I was taking a sip from the water fountain in the hallway of my high school. “What? I thought rowing was about arm strength?”

“You thought wrong. Meet us at the Chattahoochee boathouse Saturday morning—5 am.”

No one ever recruited me for anything. The air around me became electric.

And so, I found myself sweating on a rowing machine at 5:30 am that Saturday, surrounded by a group of seven large-muscled girls, chewing gum and high-fiving each other. We were the first girl’s crew team in this part of Georgia, and we were determined to prove ourselves.

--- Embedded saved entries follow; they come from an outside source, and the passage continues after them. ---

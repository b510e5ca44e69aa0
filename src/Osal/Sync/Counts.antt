-- ===== src/Osal/Sync/Counts.antt =====
-- What the counting and the binary semaphores of mm_halow_osal.c count.
use mm_halow_driver.Base.{ℕ, ◌+◌, ◌≤◌, ◌≡◌, List, [], ◌∷◌, arith, if◌then◌else◌}
use mm_halow_driver.Osal.Sync.{Sem, sem_give, sem_taken}

pub data SemCall : Type 0 where
  gives takes : SemCall

-- A semaphore with the calls that succeeded.
pub record Tally (B : Type 0) : Type 0 where
  pub sem : B
  pub given : ℕ
  pub taken : ℕ

pub step_sem : SemCall → Tally Sem → Tally Sem
step_sem gives t =
    let (ok, s) = sem_give t.sem in
    record t { sem = s; given = if ok then t.given + 1 else t.given }
step_sem takes t =
    let (ok, s) = sem_taken t.sem in
    record t { sem = s; taken = if ok then t.taken + 1 else t.taken }

unfoldable pub run_sem : List SemCall → Tally Sem → Tally Sem
run_sem [] t = t
run_sem (c ∷ cs) t = run_sem cs (step_sem c t)

-- Nothing is lost and nothing appears: what was given since `first` is taken or still there.
pub record IsBalanced (max_count first : ℕ) (t : Tally Sem) : Type 0 where
  pub max_kept : t.sem.max_count ≡ max_count
  pub balance : t.sem.count + t.taken ≡ first + t.given
  pub bounded : t.sem.count ≤ max_count

step_sem-IsBalanced :
    (m f : ℕ) (c : SemCall) (t : Tally Sem) → IsBalanced m f t → IsBalanced m f (step_sem c t)
unfolding step_sem sem_give sem_taken
step_sem-IsBalanced m f gives t v = ground arith
step_sem-IsBalanced m f takes t v = ground arith

-- Over any sequence of mmosal_sem_give and successful or failing takes the count is what was there
-- at first and what was given, less what was taken, and never more than the maximum.
pub run_sem-IsBalanced :
    (m f : ℕ) (cs : List SemCall) (t : Tally Sem) → IsBalanced m f t → IsBalanced m f (run_sem cs t)
unfolding run_sem
run_sem-IsBalanced m f [] t v = v
run_sem-IsBalanced m f (c ∷ cs) t v =
    run_sem-IsBalanced m f cs (step_sem c t) (step_sem-IsBalanced m f c t v)
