-- ===== src/Osal/Sync/Exclusion.antt =====
-- The mutexes of mm_halow_osal.c exclude each other's holders.
use mm_halow_driver.Base.{
  ℕ, ◌≡◌, ◌⊎◌, inl, inr, refl, Bool, true, false, not, Option, none, some, List, [], ◌∷◌, arith,
  ◌==◌, if◌then◌else◌, u32_max, Bool-cases,
}
use mm_halow_driver.Sched.Wait.{Host}
use mm_halow_driver.Sched.Wait.Rules.{Rule, Outcome, wait-Outcome}
use mm_halow_driver.Osal.Sync.{
  Cell, Mutex, acquire, release, same_task, is_held_by, mutex_acquired, get_slow, get_mutex,
  mutex_get,
}

-- The mutex, and who holds it: a task, or none for the main thread.
pub record World : Type 0 where
  pub mutex : Mutex
  pub holders : List (Option ℕ)

-- Anyone tries to acquire it, at any time. That only a holder releases it is
-- what the callers see to: mmosal_mutex_release does not check it.
pub data Step (w : World) : World → Type 0 where
  acquires :
      (c : Option ℕ) (now : ℕ)
      → Step w (
          let (ok, m) = acquire c now w.mutex in
          record { mutex = m; holders = if ok then c ∷ w.holders else w.holders })
  releases :
      (c : Option ℕ) (rest : List (Option ℕ))
      → w.holders ≡ c ∷ rest
      → Step w (record { mutex = release w.mutex; holders = rest })

pub data Reach (w : World) : World → Type 0 where
  here : Reach w w
  next : {u v : World} → Reach w u → Step u v → Reach w v

-- Nobody holds it and it is free, or it is locked and its owner is the one who holds it.
abbrev pub IsLock : World → Type 0
IsLock w =
    ((w.holders ≡ []) × (w.mutex.locked ≡ false))
    ⊎ ((c : Option ℕ) × (w.holders ≡ c ∷ []) × (w.mutex.locked ≡ true) × (w.mutex.owner ≡ c))

Step-IsLock : {w v : World} → Step w v → IsLock w → IsLock v
unfolding acquire release
Step-IsLock {w} (acquires c now) (inl (e, f)) = rw (e, f) (inr (c, refl, refl, refl))
Step-IsLock {w} (acquires c now) (inr (d, e, l, o)) = rw l (inr (d, e, refl, o))
Step-IsLock {w} (releases c rest e) (inl (z, f)) = absurd cc
Step-IsLock {w} (releases c rest e) (inr (d, z, l, o)) = inl (cc, refl)

-- Over any interleaving of attempts by anyone and of releases by its holder alone (as
-- mmosal_mutex_release does not look at who calls it, that only the holder calls it is a premise on
-- the callers), a mutex has at most one holder, who is the owner it keeps, and it is locked exactly
-- while it has one, if that was so at the start.
pub Reach-IsLock : {w v : World} → Reach w v → IsLock w → IsLock v
Reach-IsLock here x = x
Reach-IsLock (next r st) x = Step-IsLock st (Reach-IsLock r x)

-- What mutex_get relies on: a variable holds what is put in it, nothing of a wait's end touches the
-- mutex, and the current task is the one that called.
pub record Steady {S : Type 0} (h : Host S) (cell : Cell S Mutex) (current : S → Option ℕ)
    : Type 0 where
  pub stored : (m : Mutex) (s : S) → cell.get (cell.put m s) ≡ m
  pub current_put : (m : Mutex) (s : S) → current (cell.put m s) ≡ current s
  pub current_ticks : (s : S) → current (h.ticks s).1 ≡ current s
  pub leave_mutex : (s : S) → cell.get (h.leave s) ≡ cell.get s
  pub leave_current : (s : S) → current (h.leave s) ≡ current s
  pub wake_mutex : (s : S) → cell.get (h.wake s) ≡ cell.get s
  pub wake_current : (s : S) → current (h.wake s) ≡ current s

same_task_self : (c : Option ℕ) → same_task c c ≡ true
same_task_self none = refl
same_task_self (some i) = ground arith

module _ {S : Type 0} (h : Host S) (cell : Cell S Mutex) (current : S → Option ℕ)
    (steady : Steady h cell current) where
  abbrev Held : S → Type 0
  Held s = is_held_by (current s) (cell.get s) ≡ true

  mutex_acquired-Held :
      (s : S)
      → (mutex_acquired h cell current s).0 ≡ true
      → Held (mutex_acquired h cell current s).1
  unfolding mutex_acquired acquire is_held_by
  mutex_acquired-Held s e = elim (Bool-cases (not (cell.get s).locked)) [
    | inr f ↦ absurd (ground arith)
    | inl f ↦
        rw (f, steady.stored, steady.current_put, steady.current_ticks) (same_task_self (current s))
  ]

  acquiring : Rule h (mutex_acquired h cell current) (λ s. Unit) Held
  acquiring = record {
    ticks = λ s i. tt;
    park = λ timed at s i. tt;
    enter = λ s i. tt;
    leave = λ s i. tt;
    fails = λ s i e. tt;
    succeeds = λ s i e. mutex_acquired-Held s e;
    post_leave = λ s p. rw (steady.leave_mutex s, steady.leave_current s) p;
    post_wake = λ s p. rw (steady.wake_mutex s, steady.wake_current s) p;
  }

  get_slow-Outcome :
      (fuel : ℕ) (r : Option (Bool × S))
      → Outcome (λ s. Unit) Held r
      → Outcome (λ s. Unit) Held (get_slow h cell current fuel r)
  unfolding get_slow
  get_slow-Outcome fuel none o = o
  get_slow-Outcome fuel (some (true, s)) o = o
  get_slow-Outcome fuel (some (false, s)) o =
      wait-Outcome h (mutex_acquired h cell current) (λ s. Unit) Held acquiring fuel u32_max
        (h.ticks s).1 tt

  -- When mmosal_mutex_get reports success, by its first wait or its second, with a timeout or for
  -- ever, the mutex is held by the task that called.
  pub mutex_get-Outcome :
      (fuel t : ℕ) (s : S) → Outcome (λ s. Unit) Held (mutex_get h (some cell) current fuel t s)
  unfolding mutex_get get_mutex
  mutex_get-Outcome fuel t s = elim (Bool-cases (t == u32_max)) [
    | inl e ↦ rw e (
        get_slow-Outcome fuel _ (
          wait-Outcome h (mutex_acquired h cell current) (λ s. Unit) Held acquiring fuel 9000 s tt))
    | inr e ↦
        rw e (wait-Outcome h (mutex_acquired h cell current) (λ s. Unit) Held acquiring fuel t s tt)
  ]
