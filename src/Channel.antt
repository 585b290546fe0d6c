-- ===== src/Channel.antt =====
-- ngx_rpc_module/ngx_rpc_channel.cpp: how a method answers, and how it forwards a request. `write`
-- is what serializing a message into the response chain of a task leaves, with the number of bytes
-- that the stream counts.
pub mod Answer
pub mod Journey
pub mod Objects
pub mod Reply
pub mod Replied
use nginx_rpc.Common.{ℕ, Option, none, some, List, ◌++◌, drop, length, put}
use nginx_rpc.Common.Int.{pos}
use nginx_rpc.Ring.{task}
use nginx_rpc.Heap.{Heap}
use nginx_rpc.Memory.{Callee, Task, Memory, set_task}
use nginx_rpc.Notify.{push_task}

-- The end of RpcChannel::finish_request: the task is given back to the notify that waits for it, if
-- there is one.
unfoldable pub give_back : Option ℕ → (r t : ℕ) → Memory → Memory
give_back none r t m = m
give_back (some d) r t m =
    let v = record (m.task t) { finish = record { handler = Callee.request_finish; p1 = r } } in
    (push_task d (task t) (set_task t v m)).1

-- The memory with the answer of task `t` written.
abbrev pub written : (write : ℕ → Heap → Heap × ℕ) (result t : ℕ) → Memory → Memory
written write result t m =
    let (h, total) = write t m.heap in
    let v = record (m.task t) { response_states = result; res_length = pos total } in
    record m { task = put m.task t v; heap = h }

-- RpcChannel::finish_request, for the request `r`.
unfoldable pub finish_request : (write : ℕ → Heap → Heap × ℕ) (r result t : ℕ) → Memory → Memory
unfolding give_back
finish_request write r result t m = give_back (m.task t).done_notify r t (written write result t m)

-- The end of RpcChannel::forward_request.
unfoldable pub pass_on : Option ℕ → (t : ℕ) → Memory → Memory
pass_on none t m = m
pass_on (some d) t m = (push_task d (task t) m).1

-- strncpy of a path without NUL, by its length: it is written over the first bytes and no terminator
-- behind it. The bytes of the buffer behind those of `old` are zero. A path of more than the 128 bytes
-- of the buffer is not modelled; the only one that is passed has 37.
abbrev pub strncpy : (old path : List ℕ) → List ℕ
strncpy old path = path ++ drop (length path) old

-- RpcChannel::forward_request to `path`; `channel` is the new channel, which parses the answer.
unfoldable pub forward_request :
    (write : ℕ → Heap → Heap × ℕ) (r channel : ℕ) (path : List ℕ) (t : ℕ) → Memory → Memory
unfolding pass_on
forward_request write r channel path t m =
    let (h, total) = write t m.heap in
    let v = record (m.task t) {
      res_length = pos total;
      finish = record { handler = Callee.request_forward; p1 = r };
      closure = record { handler = Callee.forward_done; p1 = channel };
      path = strncpy (m.task t).path path;
    } in
    pass_on v.done_notify t (record m { task = put m.task t v; heap = h })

Coach had ridden the wave of excitement surrounding the announcement that Atlanta would host the 1996 summer Olympics. A retired Olympic trainer, he hit the pavement and garnered interest in a girl’s high school crew team. He found sponsors and raised funds.

Our first day on the river was a total disaster. I sat stroke side. Our coxswain, Maggie, couldn’t carry her voice over the noise of the oars splashing around willy-nilly. We had no technique. Sweep rowing on the water differed from training on the static ergometer in the boathouse. I would have accidentally hit the girl in front of me had the oar not been secured in the gate. She shot me a furious look.

I was the worst of the lot—no form, no stamina, and no idea what I was doing.

Our shell limped back to the dock. The girls dissipated to their parents’ waiting cars—shoulders slumped.

The following Saturday was the same. The one after that too.

A few weeks in, Coach gave us a pep talk and got us back into the boat.

The sun was coming up over the tree line, casting long beams of bright light onto the water as we piled in. Samantha looked over our motley group. Suddenly, her face broke into a vibrant smile that rivaled the sun.

“Today’s the day. I’m sure of it.”

We sat up straighter. Maggie called to us, crystal clear, as we navigated the first stretch of river. A few adjustments were made—a weight shift here, a stroke length there. The sun was high up now—it was full morning.

And then it happened. We could hear Maggie’s calls as clearly as if she were whispering in our ears. The oars weren’t making a sound—all we could hear were birds calling on the shoreline.

Our paddles were slicing through the water like butter in perfect, glorious unison. We had done it! We were a real crew team.

An hour later, sliding next to the dock after a beautiful run, Coach met us with a rueful smile. We knew he was proud of us—couldn’t wait to show us off at our first meet.

He clapped each of us on the back as we climbed out of the shell. “Funding got cut, girls. Pack it up.”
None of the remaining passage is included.